There is a shortage of data for a full deployment of Language Resources and Technologies (LR’s). On the one hand, rule-based methods on which, for instance, most of the commercial MT systems are based, have not been able to cover all languages and all domains. On the other hand, statistically or ML-based mehods that need Language Resources-data for inducing information encounter also the problem of a shortage of ready-to-use material for all languages and domains.
In addition to the problems in achieving a full coverage, the use of existing data is hindered by several factors:
1. Little understanding of the need for standards for the representation of data, which makes difficult the use of several sources, and also, crucially, the evaluation of the quality and particular value of a resource for a given application. Although some different standards have been proposed for the representation of LR data, they are considered to be too much research-oriented, not documented, too abstract and too cumbersome to be implemented, as the return of the investment is not obvious. Industrials have preferred to implement standards that are too much driven only by specific needs and lack a long-term vision.
2. Insufficient documentation of existing resources, which, in addition, are not maintained in regular terms (update, bug reporting and coverage enlargement) because they are normally the results of finite projects. A common, again standard, way of representing and documenting linguistic information should be devised.
3. The LR market for most of the written resources is rather reduced and the legal framework is too complex.
These facts seem to be hints of the need for changes in the behavioral patterns and culture of LR-data consumers and providers. Given the breadth of the current landscape of LRs, are the changes needed along the following lines?
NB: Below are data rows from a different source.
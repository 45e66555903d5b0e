-- ===== src/Llm/Reasoning/Rounds.antt =====
-- One round of the loop of `feed`, and what it does at the end of its rounds.
use mathlib.Core.Path.{subst}
use wizard_w.Prelude.{
  append_assoc, contains, arith, Bool-cases, inl, inr, ℕ, ◌≡◌, ◌<◌, refl, sym, ◌∙◌, ap, Bool, true,
  false, List, [], ◌++◌, Option, none, some, length, nat_eq,
}
use wizard_w.Prelude.Text.{Text}
use wizard_w.Llm.Reasoning.{
  Pattern, right_bracket, open_tag, close_tag, search, Chunk, chunk, ReasoningStream, Output,
  split_at_marker, drain, pass_tag,
}
use wizard_w.Llm.Reasoning.Patterns.{Post, Exact, IsPattern}
use wizard_w.Llm.Reasoning.Patterns.Tags.{open_tag-IsPattern, close_tag-IsPattern}
use wizard_w.Llm.Reasoning.Searches.{
  Found, nowhere, search-closed, search-suffix, search-Found, Found-shorter,
}
use wizard_w.Llm.Reasoning.Unbroken.{Unbroken, found-Unbroken, drain-Unbroken}
use wizard_w.Llm.Reasoning.Held.{is_held, split_at_marker-cut}
use wizard_w.Llm.Reasoning.Labels.{
  ending, Labelled, waits, sends, opens, closes, orphaned, chunk-append,
}

longer : (s x s' d : Text) → s ≡ x ++ s' → s ++ d ≡ x ++ (s' ++ d)
longer s x s' d e = ap (λ a. a ++ d) e ∙ append_assoc x s' d

module _ (is_word : ℕ → Bool) where
  pub ending-IsPattern : (b : Bool) → IsPattern (ending is_word b)
  ending-IsPattern true = close_tag-IsPattern
  ending-IsPattern false = open_tag-IsPattern is_word

  -- What is sent and kept, read from a state with more text to come.
  pub record Reads (s : ReasoningStream) (o : Output) : Type 0 where
    pub labels :
        (future : Text)
        → Labelled is_word s.inside (s.pending ++ future) o.0 o.1.inside (o.1.pending ++ future)
    pub held : is_held o.1.pending ≡ true
    pub quiet : search (ending is_word o.1.inside) o.1.pending ≡ none

  pub drain-Reads :
      (s : ReasoningStream) → search (ending is_word s.inside) s.pending ≡ none → Reads s (drain s)
  unfolding drain
  drain-Reads s h =
      let cut = split_at_marker-cut s.pending in
      let sent = (split_at_marker s.pending).0 in
      let kept = (split_at_marker s.pending).1 in
      let silent : search (ending is_word s.inside) (sent ++ kept) ≡ none =
        ap (search (ending is_word s.inside)) (sym cut.0) ∙ h in
      record {
        labels = λ future.
            sends s.inside s.inside sent (s.pending ++ future) (kept ++ future) (kept ++ future) []
              (longer s.pending sent kept future cut.0)
              (search-closed (ending is_word s.inside) (ending-IsPattern s.inside) sent kept silent)
              (drain-Unbroken (ending is_word s.inside) (ending-IsPattern s.inside) s.pending sent
                kept future h refl cut.0)
              (waits s.inside (kept ++ future));
        held = cut.1;
        quiet = search-suffix (ending is_word s.inside) sent kept silent;
      }

  -- One round: it stops where there is no tag that ends what is being read, or reads a part.
  pub data Round (s : ReasoningStream) : Option Output → Type 0 where
    stops : search (ending is_word s.inside) s.pending ≡ none → Round s none
    passes :
        (out : List Chunk) (s' : ReasoningStream)
        → length s'.pending < length s.pending
        → ((future t : Text) (more : List Chunk) (b : Bool)
            → Labelled is_word s'.inside (s'.pending ++ future) more b t
            → Labelled is_word s.inside (s.pending ++ future) (out ++ more) b t)
        → Round s (some (out, s'))

  pub match-Exact : (p : Pattern) → IsPattern p → (s r : Text) → p s ≡ some r → Exact p s r
  match-Exact p q s r e = of (p s) e (q.exact s)
    where
      of : (o : Option Text) → o ≡ some r → Post (Exact p s) o → Exact p s r
      of o e x = rw e at x

  -- What matches has a `>`.
  holds_end :
      (p : Pattern) → IsPattern p → (s r : Text) → p s ≡ some r → contains right_bracket s ≡ true
  holds_end p q s r e = elim (Bool-cases (contains right_bracket s)) [
    | inl there ↦ there
    | inr absent ↦ absurd (ground (arith, e, q.bracketed s absent))
  ]

  module _ (pending : Text) where
    close_round :
        (o : Option (Text × Text))
        → search close_tag pending ≡ o
        → Post (λ (f : Text × Text). Found close_tag pending f.0 f.1) o
        → Round
            (record { pending = pending; inside = true })
            (elim o as (λ x. Option Output) [
              | some (inner, after) ↦
                  some (chunk true inner [], record { pending = after; inside = false })
              | none ↦ none
            ])
    close_round none e f = stops e
    close_round (some (inner, after)) e f =
        let x = match-Exact close_tag close_tag-IsPattern f.at after f.matches in
        passes (chunk true inner []) (record { pending = after; inside = false })
          (Found-shorter close_tag close_tag-IsPattern pending inner after f)
          (λ future t more b l. rw (chunk-append true inner [] more) (
            sends true b inner (pending ++ future) (f.at ++ future) t more
              (longer pending inner f.at future f.cut) f.first
              (found-Unbroken close_tag close_tag-IsPattern inner f.at future
                (λ a u c. f.earliest a u (f.cut ∙ c))
                (holds_end close_tag close_tag-IsPattern f.at after f.matches))
              (closes b x.tag (f.at ++ future) (after ++ future) t more
                (longer f.at x.tag after future x.cut) x.whole l)))

    orphan_round :
        (o : Option (Text × Text))
        → search (open_tag is_word) pending ≡ none
        → Post (λ (f : Text × Text). Found close_tag pending f.0 f.1) o
        → Round
            (record { pending = pending; inside = false })
            (elim o as (λ x. Option Output) [
              | some (head, after) ↦
                  some (chunk true head [], record { pending = after; inside = false })
              | none ↦ none
            ])
    orphan_round none e f = stops e
    orphan_round (some (head, after)) e f =
        let x = match-Exact close_tag close_tag-IsPattern f.at after f.matches in
        passes (chunk true head []) (record { pending = after; inside = false })
          (Found-shorter close_tag close_tag-IsPattern pending head after f)
          (λ future t more b l. rw (chunk-append true head [] more) (
            orphaned b head x.tag (pending ++ future) (after ++ future) t more
              (longer pending head f.at future f.cut
                ∙ ap (λ a. head ++ a) (longer f.at x.tag after future x.cut))
              f.first
              (subst (Unbroken (open_tag is_word) head) (longer f.at x.tag after future x.cut) (
                found-Unbroken (open_tag is_word) (open_tag-IsPattern is_word) head f.at future
                  (λ a u c k.
                    nowhere (open_tag is_word) (open_tag-IsPattern is_word) pending e a u
                      (f.cut ∙ c))
                  (holds_end close_tag close_tag-IsPattern f.at after f.matches)))
              x.whole l))

    open_round :
        (o : Option (Text × Text))
        → search (open_tag is_word) pending ≡ o
        → Post (λ (f : Text × Text). Found (open_tag is_word) pending f.0 f.1) o
        → Round
            (record { pending = pending; inside = false })
            (elim o as (λ x. Option Output) [
              | some (before, after) ↦
                  some (chunk false before [], record { pending = after; inside = true })
              | none ↦ elim (search close_tag pending) as (λ x. Option Output) [
                | some (head, after) ↦
                    some (chunk true head [], record { pending = after; inside = false })
                | none ↦ none
              ]
            ])
    open_round none e f =
        orphan_round (search close_tag pending) e
          (search-Found close_tag close_tag-IsPattern pending)
    open_round (some (before, after)) e f =
        let x = match-Exact (open_tag is_word) (open_tag-IsPattern is_word) f.at after f.matches in
        passes (chunk false before []) (record { pending = after; inside = true })
          (Found-shorter (open_tag is_word) (open_tag-IsPattern is_word) pending before after f)
          (λ future t more b l. rw (chunk-append false before [] more) (
            sends false b before (pending ++ future) (f.at ++ future) t more
              (longer pending before f.at future f.cut) f.first
              (found-Unbroken (open_tag is_word) (open_tag-IsPattern is_word) before f.at future
                (λ a u c. f.earliest a u (f.cut ∙ c))
                (holds_end (open_tag is_word) (open_tag-IsPattern is_word) f.at after f.matches))
              (opens b x.tag (f.at ++ future) (after ++ future) t more
                (longer f.at x.tag after future x.cut) x.whole l)))

    pub pass_tag-Round :
        (inside : Bool)
        → Round
            (record { pending = pending; inside = inside })
            (pass_tag is_word (record { pending = pending; inside = inside }))
    unfolding pass_tag
    pass_tag-Round true =
        close_round (search close_tag pending) refl
          (search-Found close_tag close_tag-IsPattern pending)
    pass_tag-Round false =
        open_round (search (open_tag is_word) pending) refl
          (search-Found (open_tag is_word) (open_tag-IsPattern is_word) pending)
We should start to discuss about that.
- The market of LR-data has to be rethought/remodelled by introducing collaborative strategies that overcome the current model based mostly on purely competitive terms (leading to the non-adherence to standards, to the repetition of work and efforts, etc). The supply of language resources is conditioned by traditional business behavioural patterns and culture that still overprotect products from competition.
- Not only the academy, but also the industry of LR have to undergo a cultural change and to recognize the high added value of participating in the creation of common pools of LR-data. Such a change requires movements of all the stakeholders in unison, the creation of rules and guidelines for new forms of cooperation, and sharpening a culture of mutual respect and fairness. Actions towards fostering such a change are a first priority for the field.
- The coverage problem is of a nature and magnitude such that strategies approaching or envisaging the full automation of LR-data production have to be promoted along campaigns for fostering evaluation in real-life applications. Thus, research can progressively approach the characteristics of the materials needed by the industry in size and granularity of the information contained.